L’État pro­duc­teur est devenu État régu­la­teur. Alors nos économies ont besoin de règles et d’arbitres pour agir effi­cace­ment, en pre­mier lieu le droit à la con­cur­rence et des règles sec­to­rielles. Toute­fois le jeu con­cur­ren­tiel idéal n’est pas tou­jours pos­si­ble et alors la recherche du prix opti­mal est une tache ardue. Les travaux sur ce sujet ont valu à Jean TIROLE l’ob­ten­tion du prix Nobel. Quelques exem­ples : les indus­tries en réseaux , les plates-formes mul­ti­faces, la déci­sion de garder un ser­vice pub­lic, la santé 

Ton travail développe la conception d’un État régulateur.
Comment ce rôle de l’État a‑t-il émergé ?
L’État régulateur n’est-il pas un État faible ?

Je voudrais com­mencer par deux remar­ques lim­i­naires. Tout d’abord, nos économies ont besoin de règles et d’arbitres inci­tant les entre­pris­es à dévelop­per les biens et ser­vices sociale­ment souhaita­bles et à les pro­pos­er aux meilleures conditions. 

Ces règles inclu­ent tout d’abord le droit de la con­cur­rence, qui vise à réguler les accords inter­en­tre­pris­es ou les abus de posi­tion dom­i­nante ; ce droit est mis en œuvre par des régu­la­teurs tels que l’Autorité de la con­cur­rence en France ou la Com­mis­sion européenne. 

Elles inclu­ent égale­ment des mesures pro­pres à des indus­tries spé­ci­fiques, telles que la régle­men­ta­tion pru­den­tielle et les règles de trans­parence dans le secteur financier, ou les régu­la­tions des indus­tries de réseau (élec­tric­ité, télé­com­mu­ni­ca­tions, transports). 

Ces règles sec­to­rielles sont mis­es en œuvre par des agences telles que l’Autorité des com­mu­ni­ca­tions élec­tron­iques et des postes, la Com­mis­sion de régu­la­tion de l’énergie ou l’Autorité de régu­la­tion des activ­ités ferroviaires. 

REPÈRES

Jean Tirole a reçu en 2014 le prix Nobel d’économie pour ses travaux sur la régulation et la politique de la concurrence applicable aux marchés complexes que sont les marchés oligopolistiques, les industries de réseau et plus récemment les platesformes multifaces.
Ingénieur des Ponts et Chaussées, il est l’héritier d’une tradition ancienne dans le corps pour le calcul économique qui remonte à Jules Dupuit, inventeur du surplus du consommateur et de la théorie de la segmentation des marchés, qui a posé les fondements, toujours actuels, de l’évaluation des investissements et la tarification des ouvrages publics.

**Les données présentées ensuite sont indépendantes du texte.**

-- ===== src/Axl/Registry.antt =====
-- Role to peer mapping and the choice of a peer (app/axl/registry.py).
use signal_count.Base.{String, List, [], ◌∷◌, nat_eq, string_eq, if◌then◌else◌}
use signal_count.Base.Dict.{Dict, lookup}
use signal_count.Base.Outcome.{Outcome, or_raise}
use signal_count.Base.Text.{is_empty, strip, split_on, has_char, before_char, after_char}

-- What the registry raises: an unknown role, and `max` of no candidate.
pub data RegistryError : Type 0 where
  unknown_role no_candidate : RegistryError

pub record PeerService : Type 0 where
  pub peer_id : String
  pub service_name : String

-- The settings that the registry reads: each role's peer, service and candidate list.
pub record RoleSettings : Type 0 where
  pub peer_id : String
  pub service_name : String
  pub peer_candidates : String

pub record Settings : Type 0 where
  pub regime : RoleSettings
  pub narrative : RoleSettings
  pub risk : RoleSettings
  pub chain_analyst : RoleSettings

pub record AxlRegistry : Type 0 where
  pub services : Dict String PeerService
  pub candidates : Dict String (List PeerService)

-- One item of the candidate list, already stripped and not empty.
parse_item : PeerService → String → PeerService
unfolding strip has_char before_char after_char
parse_item fallback it =
    let bar = has_char b'|' it in
    let colon = has_char b':' it in
    let peer = if bar then before_char b'|' it else if colon then before_char b':' it else it in
    let service =
      if bar
      then after_char b'|' it
      else if colon
      then after_char b':' it
      else fallback.service_name in
    record {
      peer_id = strip peer;
      service_name = if is_empty (strip service) then fallback.service_name else strip service;
    }

parse_items : PeerService → List String → List PeerService
unfolding parse_item
parse_items fallback [] = []
parse_items fallback (raw ∷ rest) =
    let it = strip raw in
    let later = parse_items fallback rest in
    if is_empty it then later else parse_item fallback it ∷ later

-- `candidates or [fallback]`
abbrev or_fallback : PeerService → List PeerService → List PeerService
or_fallback fallback [] = fallback ∷ []
or_fallback fallback (c ∷ cs) = c ∷ cs

unfoldable pub parse_peer_candidates : String → PeerService → List PeerService
unfolding parse_items split_on
parse_peer_candidates raw fallback =
    if is_empty (strip raw)
    then fallback ∷ []
    else or_fallback fallback (parse_items fallback (split_on b',' raw))

abbrev service_of : RoleSettings → PeerService
service_of s = record { peer_id = s.peer_id; service_name = s.service_name }

abbrev candidates_of : RoleSettings → List PeerService
candidates_of s = parse_peer_candidates s.peer_candidates (service_of s)

-- `AXLRegistry.__init__`
pub make_registry : Settings → AxlRegistry
make_registry s = record {
  services =
      ("regime", service_of s.regime)
      ∷ ("narrative", service_of s.narrative)
      ∷ ("risk", service_of s.risk)
      ∷ ("chain_analyst", service_of s.chain_analyst)
      ∷ [];
  candidates =
      ("regime", candidates_of s.regime)
      ∷ ("narrative", candidates_of s.narrative)
      ∷ ("risk", candidates_of s.risk)
      ∷ ("chain_analyst", candidates_of s.chain_analyst)
      ∷ [];
}

pub get_service_for_role : AxlRegistry → String → Outcome RegistryError PeerService
get_service_for_role r role = or_raise (lookup role r.services) unknown_role

unfoldable pub get_candidates_for_role :
    AxlRegistry → String → Outcome RegistryError (List PeerService)
get_candidates_for_role r role = or_raise (lookup role r.candidates) unknown_role
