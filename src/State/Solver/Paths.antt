-- ===== src/State/Solver/Paths.antt =====
-- The ways in which one client is heard
-- (addon/extensions/task_force_radio_pipe/src/State.cpp: addAudibleForClientLocked). `Scene` holds
-- what the function computes once.
use task_force_radio_standal.Base.{
  if◌then◌else◌, any, Text, codes, is_empty, text_eq, text_is_eq, ℕ, Bool, true, false, not, ◌&&◌,
  ◌||◌, Option, none, some, List, [], ◌∷◌, ◌++◌,
}
use task_force_radio_standal.Base.Int.{ℤ, pos, ltb_ℤ}
use task_force_radio_standal.Base.Map.{lookup}
use task_force_radio_standal.Float.{Float}
use task_force_radio_standal.Geometry.{
  Vec3, zero_f, one_f, speaker_gain, dd_min_distance, dd_max_distance, distance_to, is_null,
  distance_underwater, volume_multiplier, volume_attenuation, azimuth_to, clampf,
}
use task_force_radio_standal.State.Data.{
  FreqSetting, RemoteClient, SpeakerData, RemoteTx, Fx, AudibleUnit, State,
}
use task_force_radio_standal.State.Parse.{subtype_to_fx}
use task_force_radio_standal.State.Queries.{config_bool}
use task_force_radio_standal.State.Solver.{extrapolated_position}

pub record Scene (fl : Float) : Type 0 where
  pub now : ℕ
  pub me : RemoteClient fl
  pub other : RemoteClient fl
  pub my_pos : Vec3 fl
  pub his_pos : Vec3 fl
  pub headset_lowered : Bool

module _ (fl : Float) where
  open fl use {F, decimal, lt, le, add, sub, mul, div, pow, of_int}

  abbrev pub scene : ℕ → RemoteClient fl → RemoteClient fl → State fl → Scene fl
  scene now me other s = record {
    now = now;
    me = me;
    other = other;
    my_pos = extrapolated_position fl now me;
    his_pos = extrapolated_position fl now other;
    headset_lowered = config_bool fl (codes "headsetLowered") false s;
  }

  abbrev pub unit_of : Text → Fx → F → F → F → ℤ → AudibleUnit fl
  unit_of nickname fx gain az err stereo_mode = record {
    uid = [];
    nickname = nickname;
    gain = gain;
    az = az;
    muted = false;
    fx = fx;
    err = err;
    stereo_mode = stereo_mode;
  }

  -- `if (unit.gain > 0.0f) out.push_back(unit);`
  abbrev pub if_audible : AudibleUnit fl → List (AudibleUnit fl)
  if_audible unit = if lt (zero_f fl) unit.gain then unit ∷ [] else []

  abbrev smaller : F → F → F
  smaller a b = if lt a b then a else b

  abbrev error_of : F → F → F
  error_of distance_error loss = clampf fl (smaller distance_error loss) (zero_f fl) (one_f fl)

  abbrev at_least_one : F → F
  at_least_one r = if lt (one_f fl) r then r else one_f fl

  -- The radio that receives, and whether it is a long-range one. Half duplex: not the radio we
  -- transmit with.
  unfoldable pub receiving_radio : Scene fl → RemoteTx fl → State fl → Option (FreqSetting × Bool)
  unfolding lookup text_eq
  receiving_radio v tx s =
      let lr_radio = if v.me.can_use_lr then lookup tx.frequency s.lr_frequencies else none in
      let sw_radio = if v.me.can_use_sw then lookup tx.frequency s.sw_frequencies else none in
      let chosen : Option (FreqSetting × Bool) = elim lr_radio [
        | some f ↦ some (f, true)
        | none ↦ elim sw_radio [ none ↦ none | some f ↦ some (f, false) ]
      ] in
      elim chosen [
        | none ↦ none
        | some (f, via_lr) ↦
            if not (config_bool fl (codes "full_duplex") true s)
              && s.tangent_pressed
              && not (is_empty s.tx_radio_classname)
              && text_eq f.radio_classname s.tx_radio_classname
            then none
            else some (f, via_lr)
      ]

  -- The distortion of a dive radio.
  unfoldable pub underwater_error : Scene fl → RemoteTx fl → State fl → F
  underwater_error v tx s =
      let reach =
        add (dd_min_distance fl)
          (mul (sub (dd_max_distance fl) (dd_min_distance fl)) (sub (one_f fl) s.waves_level)) in
      let under = distance_underwater fl v.my_pos v.his_pos in
      let normal = distance_to fl v.my_pos v.his_pos in
      let range = at_least_one tx.range in
      div
        (add (mul under (div range (if lt (zero_f fl) reach then reach else one_f fl)))
          (sub normal under))
        range

  abbrev is_dd : Fx → Bool
  is_dd Fx.dd = true
  is_dd _ = false

  abbrev is_phone : Fx → Bool
  is_phone Fx.phone = true
  is_phone _ = false

  unfoldable pub earpiece_unit :
      Scene fl → RemoteTx fl → F → F → FreqSetting → Fx → State fl → AudibleUnit fl
  unfolding underwater_error
  earpiece_unit v tx effective loss f fx s =
      let level = volume_multiplier fl (of_int f.volume) in
      let level' = if v.headset_lowered then mul level (decimal 1 1) else level in
      let gain = if is_phone fx then mul level' (decimal 10 0) else mul level' (decimal 35 2) in
      let err =
        if is_dd fx
        then error_of (underwater_error v tx s) loss
        else error_of (div effective (at_least_one tx.range)) loss in
      unit_of v.other.nickname fx gain (zero_f fl) err f.stereo_mode

  -- The headset, and whether a long-range radio is being received.
  unfoldable pub radio_paths :
      Scene fl → RemoteTx fl → F → F → State fl → List (AudibleUnit fl) × Bool
  unfolding receiving_radio earpiece_unit
  radio_paths v tx effective loss s =
      let sender_underwater = lt v.his_pos.z (zero_f fl) && not v.other.can_use_sw in
      elim (receiving_radio v tx s) [
        | none ↦ ([], false)
        | some (f, via_lr) ↦ elim (subtype_to_fx tx.subtype sender_underwater) [
          | none ↦ ([], false)
          | some fx ↦ (
            if_audible (earpiece_unit v tx effective loss f fx s),
            via_lr && ltb_ℤ (pos 2) f.volume,
          )
        ]
      ]

  -- The place of a speaker: its own, or that of its owner.
  unfoldable pub speaker_place : Scene fl → SpeakerData fl → State fl → Option (Vec3 fl)
  unfolding lookup
  speaker_place v box s =
      if is_null fl box.pos
      then elim (lookup box.owner_nickname s.clients) [
        | none ↦ none
        | some owner ↦ some (extrapolated_position fl v.now owner)
      ]
      else some box.pos

  unfoldable pub speaker_unit :
      Scene fl → RemoteTx fl → F → F → SpeakerData fl → Vec3 fl → State fl → AudibleUnit fl
  unfolding text_eq
  speaker_unit v tx effective loss box place s =
      let vehicle_loss =
        if text_eq v.me.vehicle.name box.vehicle.name
        then zero_f fl
        else clampf fl (add v.me.vehicle.isolation box.vehicle.isolation) (zero_f fl)
            (decimal 99 2) in
      let reach =
        if ltb_ℤ box.volume (pos 20)
        then mul (div (of_int box.volume) (decimal 10 0)) s.speaker_distance
        else mul (of_int box.volume) (decimal 19 1) in
      let distance = distance_to fl v.my_pos place in
      let hear = v.other.can_speak && v.me.can_speak in
      let through = sub (one_f fl) vehicle_loss in
      let attenuation =
        if lt vehicle_loss (decimal 1 2)
        then volume_attenuation fl distance hear reach (one_f fl)
        else mul (volume_attenuation fl distance hear reach through) (pow through (decimal 12 1)) in
      unit_of v.other.nickname Fx.speaker (mul attenuation (speaker_gain fl))
        (azimuth_to fl v.my_pos v.me.view_direction place)
        (error_of (div effective (at_least_one tx.range)) loss) (pos 0)

  unfoldable pub speaker_paths :
      Scene fl → RemoteTx fl → F → F → State fl → List (SpeakerData fl) → List (AudibleUnit fl)
  unfolding text_eq speaker_place speaker_unit
  speaker_paths v tx effective loss s [] = []
  speaker_paths v tx effective loss s (box ∷ speakers) =
      let rest = speaker_paths v tx effective loss s speakers in
      if text_eq box.owner_nickname v.other.nickname
        || not (any (λ f. text_eq f tx.frequency) box.frequencies)
      then rest
      else elim (speaker_place v box s) [
        | none ↦ rest
        | some place ↦
            if is_null fl place || lt place.z (zero_f fl)
            then rest
            else if_audible (speaker_unit v tx effective loss box place s) ++ rest
      ]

L’AFFIRMATION DU RÔLE DE RÉGULATEUR

Ensuite, la con­cep­tion du rôle de l’État a évolué dans la plu­part des pays. L’État pro­duc­teur est devenu État régu­la­teur. Sous la pres­sion des par­ties prenantes et faisant face à une con­trainte budgé­taire lâche (les déficits d’une entre­prise allant gon­fler le bud­get glob­al ou la dette publique), les entre­pris­es con­trôlées par la puis­sance publique à quelques excep­tions près ne pro­duisent pas à des coûts bas des ser­vices de qualité. 

“ Nos économies ont besoin de règles et d’arbitres ”

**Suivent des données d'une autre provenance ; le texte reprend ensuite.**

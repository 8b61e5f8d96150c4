-- ===== src/State/Solver/Snapshot.antt =====
-- All ways of hearing one client, and the snapshot of a tick
-- (addon/extensions/task_force_radio_pipe/src/State.cpp: addAudibleForClientLocked from its head
-- on, and computeAudibleUnits).
use task_force_radio_standal.Base.{
  ltb, if◌then◌else◌, Text, codes, is_empty, text_eq, text_is_eq, ℕ, ◌-◌, Bool, true, false, not,
  ◌&&◌, ◌||◌, Option, none, some, List, [], ◌∷◌, ◌++◌,
}
use task_force_radio_standal.Base.Int.{pos, negsuc, eqb_ℤ}
use task_force_radio_standal.Base.Map.{Map, lookup}
use task_force_radio_standal.Float.{Float}
use task_force_radio_standal.Geometry.{
  zero_f, one_f, no_antenna_loss, cant_speak_gain, distance_to, volume_attenuation, azimuth_to,
  clampf,
}
use task_force_radio_standal.State.Data.{RemoteClient, RemoteTx, Fx, AudibleUnit, State}
use task_force_radio_standal.State.Queries.{
  kclient_expiry, ktx_expiry, uid_for, config_bool, config_float,
}
use task_force_radio_standal.State.Solver.{effective_distance, antenna_loss}
use task_force_radio_standal.State.Solver.Paths.{
  Scene, scene, unit_of, if_audible, radio_paths, speaker_paths,
}

module _ (fl : Float) where
  open fl use {F, decimal, lt, le, add, sub, mul, div, pow, of_int}

  -- What is transmitted by a client, if it was refreshed in time.
  unfoldable pub current_tx : Text → ℕ → State fl → Option (RemoteTx fl)
  unfolding lookup
  current_tx name now s = elim (lookup name s.remote_tx) [
    | none ↦ none
    | some tx ↦ if ltb (now - tx.received) ktx_expiry then some tx else none
  ]

  unfoldable pub transmission_paths :
      Scene fl → RemoteTx fl → State fl → List (AudibleUnit fl) × Bool
  unfolding radio_paths speaker_paths
  transmission_paths v tx s =
      let effective = effective_distance fl v.my_pos v.other v.now s in
      let loss = antenna_loss fl v.his_pos tx.range v.my_pos s in
      let in_range =
        (lt (zero_f fl) tx.range && le effective tx.range) || lt loss (no_antenna_loss fl) in
      let (headset, long_range) = radio_paths fl v tx effective loss s in
      if in_range
      then (headset ++ speaker_paths fl v tx effective loss s s.speakers, long_range)
      else ([], false)

  unfoldable pub intercom_paths : Scene fl → Bool → State fl → List (AudibleUnit fl)
  unfolding text_eq
  intercom_paths v transmits s =
      let volume = config_float fl (codes "intercomVolume") (decimal 3 1) s in
      let lowered = if v.headset_lowered then mul volume (decimal 1 1) else volume in
      let ducking = sub (one_f fl) (config_float fl (codes "intercomDucking") (decimal 2 1) s) in
      let gain = if s.lr_incoming then mul lowered ducking else lowered in
      if config_bool fl (codes "intercomEnabled") true s
        && not transmits
        && not (text_eq v.other.vehicle.name (codes "no"))
        && text_eq v.other.vehicle.name v.me.vehicle.name
        && not (eqb_ℤ v.other.vehicle.intercom_slot (negsuc 0))
        && eqb_ℤ v.other.vehicle.intercom_slot v.me.vehicle.intercom_slot
      then if_audible fl
          (unit_of fl v.other.nickname Fx.intercom gain (zero_f fl) (zero_f fl) (pos 0))
      else []

  -- The gain of direct speech over a distance.
  unfoldable pub direct_gain : Scene fl → F → F
  unfolding text_eq
  direct_gain v distance =
      let range = v.other.speak_range_meters in
      let loss =
        clampf fl (add v.me.vehicle.isolation v.other.vehicle.isolation) (zero_f fl)
          (decimal 99 2) in
      let together =
        text_eq v.me.vehicle.name v.other.vehicle.name
        && not (text_eq v.me.vehicle.name (codes "no")) in
      let through = sub (one_f fl) loss in
      let gain =
        if not (v.other.can_speak && v.me.can_speak)
        then mul (volume_attenuation fl distance false range (one_f fl)) (cant_speak_gain fl)
        else if lt loss (decimal 1 2) || together
        then volume_attenuation fl distance true range (one_f fl)
        else mul (volume_attenuation fl distance true range through) (pow through (decimal 12 1)) in
      mul gain v.other.voice_volume_multiplier

  unfoldable pub not_hearable_in_spectator : Scene fl → State fl → Bool
  not_hearable_in_spectator v s =
      v.me.is_spectating
      && ((v.other.is_enemy_to_player && config_bool fl (codes "spectatorNotHearEnemies") true s)
          || (not v.other.is_enemy_to_player
              && not (config_bool fl (codes "spectatorCanHearFriendlies") true s)))

  unfoldable pub direct_paths : Scene fl → State fl → List (AudibleUnit fl)
  unfolding direct_gain not_hearable_in_spectator
  direct_paths v s =
      let distance =
        add (distance_to fl v.my_pos v.his_pos)
          (mul (decimal 2 0) (of_int v.other.object_interception)) in
      if not v.other.is_spectating
        && not (not_hearable_in_spectator v s)
        && le distance (add v.other.speak_range_meters (decimal 15 0))
      then if_audible fl (
          unit_of fl v.other.nickname Fx.direct (direct_gain v distance)
            (azimuth_to fl v.my_pos v.me.view_direction v.his_pos) (zero_f fl) (pos 0))
      else []

  -- The rows of one client, and whether a long-range radio is being received from it.
  unfoldable pub client_paths : Scene fl → State fl → List (AudibleUnit fl) × Bool
  unfolding current_tx transmission_paths intercom_paths direct_paths
  client_paths v s =
      let tx = current_tx v.other.nickname v.now s in
      let told : List (AudibleUnit fl) × Bool = elim tx [
        | none ↦ ([], false)
        | some t ↦ if v.other.is_spectating then ([], false) else transmission_paths v t s
      ] in
      let (radio, long_range) = told in
      let transmits : Bool = elim tx [ none ↦ false | some _ ↦ true ] in
      if v.me.is_spectating && v.other.is_spectating
      then (
        if config_bool fl (codes "muteSpectators") false s
            then []
            else unit_of fl v.other.nickname Fx.direct (one_f fl) (zero_f fl) (zero_f fl) (pos 0)
              ∷ [],
        false,
      )
      else (radio ++ intercom_paths v transmits s ++ direct_paths v s, long_range)

  -- Whether a client is part of the world, and not ourselves.
  unfoldable pub is_listed : ℕ → RemoteClient fl → State fl → Bool
  unfolding text_eq
  is_listed now other s =
      not (text_eq other.nickname s.my_nickname) && ltb (now - other.last_update) kclient_expiry

  unfoldable pub all_paths :
      ℕ → RemoteClient fl → State fl → Map Text (RemoteClient fl) → List (AudibleUnit fl) × Bool
  unfolding client_paths is_listed
  all_paths now me s [] = ([], false)
  all_paths now me s ((name, other) ∷ clients) =
      let (units, long_range) = all_paths now me s clients in
      let (heard, is_long) = client_paths (scene fl now me other s) s in
      if is_listed now other s then (heard ++ units, is_long || long_range) else (units, long_range)

  -- `m_talkingNames`: the senders that were refreshed in time.
  unfoldable pub talkers : ℕ → Map Text (RemoteTx fl) → List Text
  talkers now [] = []
  talkers now ((name, tx) ∷ m) =
      let rest = talkers now m in if ltb (now - tx.received) ktx_expiry then name ∷ rest else rest

  unfoldable pub finish : State fl → AudibleUnit fl → AudibleUnit fl
  finish s unit =
      let gain = mul unit.gain s.global_volume in
      record unit {
        gain = if lt gain (zero_f fl) then zero_f fl else gain;
        uid = uid_for fl unit.nickname s;
      }

  unfoldable pub finish_all : State fl → List (AudibleUnit fl) → List (AudibleUnit fl)
  unfolding finish
  finish_all s [] = []
  finish_all s (unit ∷ units) = finish s unit ∷ finish_all s units

  abbrev pub is_direct : Fx → Bool
  is_direct Fx.direct = true
  is_direct _ = false

  -- `m_receivingFrom`, a set, as a list with repetitions.
  unfoldable pub received_from : List (AudibleUnit fl) → List Text
  received_from [] = []
  received_from (unit ∷ units) =
      let rest = received_from units in if is_direct unit.fx then rest else unit.nickname ∷ rest

  -- What the solver works on: our own entry, if it is fresh.
  unfoldable pub world_paths : ℕ → State fl → List (AudibleUnit fl) × Bool
  unfolding lookup all_paths
  world_paths now s =
      if is_empty s.my_nickname then ([], false) else elim (lookup s.my_nickname s.clients) [
        | none ↦ ([], false)
        | some me ↦
            if ltb (now - me.last_update) kclient_expiry
            then all_paths now me s s.clients
            else ([], false)
      ]

  unfoldable pub compute_audible_units : ℕ → State fl → List (AudibleUnit fl) × State fl
  unfolding world_paths talkers received_from finish_all
  compute_audible_units now s =
      let (units, long_range) = world_paths now s in
      let from = received_from units in
      (
        finish_all s units,
        record s {
          talking_names = talkers now s.remote_tx;
          receiving_from = from;
          receiving_any_radio = not (is_empty from);
          lr_incoming = long_range;
          lr_incoming_pending = long_range;
        },
      )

Autre­fois juge et par­tie, l’État s’est donc sou­vent recen­tré sur son rôle de juge, par exem­ple sous la forme d’autorités sec­to­rielles, sous le con­trôle d’autorités de la con­cur­rence, toutes deux autorités indépendantes. 

Cepen­dant, cette réori­en­ta­tion en elle-même est loin de résoudre tous les prob­lèmes, comme le mon­tre bien la forte inef­fi­cac­ité d’entreprises privées régulées, les pub­lic util­i­ties américaines. 

Les réformes dans les secteurs des télé­coms, de l’énergie, du fer­rovi­aire ou de la poste qui ont eu lieu à la fin du vingtième siè­cle con­stituent donc une réac­tion aux inef­fi­cac­ités de la ges­tion de ces secteurs, qui avaient été con­statées jusqu’alors.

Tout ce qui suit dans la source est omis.